Output Layer Interpretation:
The layer ‘retinaface_mobilenet_v1/conv25’ with shape (23, 40, 20) is an output feature map, not the final bounding boxes or keypoints. In face detection models like RetinaFace, outputs typically represent:
Location (bbox) predictions
Face detection confidence scores
Landmark predictions (eyes, nose, mouth, etc.)

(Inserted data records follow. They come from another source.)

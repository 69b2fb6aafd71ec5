-- ===== src/Dns.antt =====
-- src/application/dns-protection.ts (`DnsProtectionService.evaluate`) and services/dns/resolver.ts
-- (`SecureDnsResolver.resolve`). `normalize` is the normalisation of a name and `well_formed` the test of
-- the regular expression. The writer of the audit may fail, and an upstream answers or fails.
pub mod Laws
use bapc_vpn_and_digital_sec.Base.{
  ℕ, ◌+◌, ◌-◌, ◌*◌, String, Bool, not, ◌&&◌, Option, none, some, List, [], ◌∷◌, if◌then◌else◌, ltb,
  eq_ℕ, number_eq, string_eq, length, any, all, contains, codes,
}
use bapc_vpn_and_digital_sec.Domain.{Error, plain}
use bapc_vpn_and_digital_sec.Store.Monad.{Result, ok, err}

pub data QueryType : Type 0 where
  a aaaa txt mx : QueryType

pub record Answer : Type 0 where
  pub type : String
  pub value : String
  pub ttl : ℕ

pub data DnsAction : Type 0 where
  allow sinkhole : DnsAction

pub record DnsDecision : Type 0 where
  pub action : DnsAction
  pub normalized_domain : String
  pub reason : String

abbrev sunk : String → String → DnsDecision
sunk domain reason = record { action = sinkhole; normalized_domain = domain; reason = reason }

-- `d.split(".")[0]`, as code points: the letters before the first dot, which is 46
abbrev pub first_label : List ℕ → List ℕ
first_label [] = []
first_label (c ∷ cs) = if eq_ℕ c 46 then [] else c ∷ first_label cs

-- `new Set(label).size`
abbrev pub distinct : List ℕ → ℕ
distinct [] = 0
distinct (c ∷ cs) = let rest = distinct cs in if contains cs c then rest else rest + 1

-- `label.length>24&&new Set(label).size/label.length>.55`
unfoldable pub entropy_like : String → Bool
entropy_like domain =
    let label = first_label (codes domain) in
    ltb 24 (length label) && ltb (55 * length label) (100 * distinct label)

module _ (normalize : String → String) (well_formed : String → Bool) where
  -- The feeds answer one after another; the first that contains the name decides.
  unfoldable pub evaluate : List (String → Bool) → String → DnsDecision
  evaluate feeds name =
      if not (well_formed (normalize name))
      then sunk (normalize name) "invalid or suspicious domain"
      else if any (λ feed. feed (normalize name)) feeds
      then sunk (normalize name) "threat-feed match"
      else if entropy_like (normalize name)
      then sunk (normalize name) "possible domain-generation algorithm"
      else record { action = allow; normalized_domain = normalize name; reason = "no threat match" }

  abbrev pub Upstream : Type 0
  Upstream = String → QueryType → Result (List Answer)

  -- the loop over the upstreams, with the last error
  unfoldable pub ask : List Upstream → String → QueryType → Option Error → Result (List Answer)
  ask [] name type none = err (plain "all encrypted DNS upstreams failed")
  ask [] name type (some e) = err e
  ask (u ∷ us) name type last = elim (u name type) [
    | ok answers ↦ ok answers
    | err e ↦ ask us name type (some e)
  ]

  unfoldable pub sinkhole_answer : String → QueryType → List Answer
  sinkhole_answer v4 a = record { type = "A"; value = v4; ttl = 30 } ∷ []
  sinkhole_answer v4 aaaa = record { type = "AAAA"; value = "fd14:4b41:5043::53"; ttl = 30 } ∷ []
  sinkhole_answer v4 _ = []

  abbrev answer_for : DnsDecision → String → List Upstream → QueryType → Result (List Answer)
  answer_for d v4 upstreams type = elim d.action [
    | sinkhole ↦ ok (sinkhole_answer v4 type)
    | allow ↦ ask upstreams d.normalized_domain type none
  ]

  -- A failure to write the audit is reported on the console and goes no further. `write` is the audit's
  -- state after the attempt, whether it failed or not.
  unfoldable pub resolve :
      {W : Type 0}
      → (DnsDecision → W → Result (Unit {0}) × W)
      → List (String → Bool)
      → String
      → List Upstream
      → String
      → QueryType
      → W
      → Result (List Answer) × W
  unfolding evaluate
  resolve write feeds v4 upstreams name type w =
      let d = evaluate feeds name in (answer_for d v4 upstreams type, (write d w).1)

The (23, 40, 20) shape can be seen as a grid: 23x40 is a downscaled spatial map of your original input image, and 20 likely combines information for multiple anchor boxes and features.
Post-Processing:
These raw outputs need post-processing, including:
Decoding bounding box coordinates
Applying Non-Maximum Suppression (NMS) to filter overlapping detections
Interpreting landmark and confidence scores
The numbers you see are raw feature map values, not direct x, y coordinates for bounding boxes. You’ll need to apply specific post-processing steps (usually found in model documentation or example code) to get final bounding boxes and landmarks.
Input vs Output Shape:
Your input shape (736, 1280, 3) is processed through multiple network layers, which downscale spatial dimensions and increase feature channel depth, resulting in outputs like (23, 40, 20). This downscaling is common in convolutional networks for efficiency and to capture larger features.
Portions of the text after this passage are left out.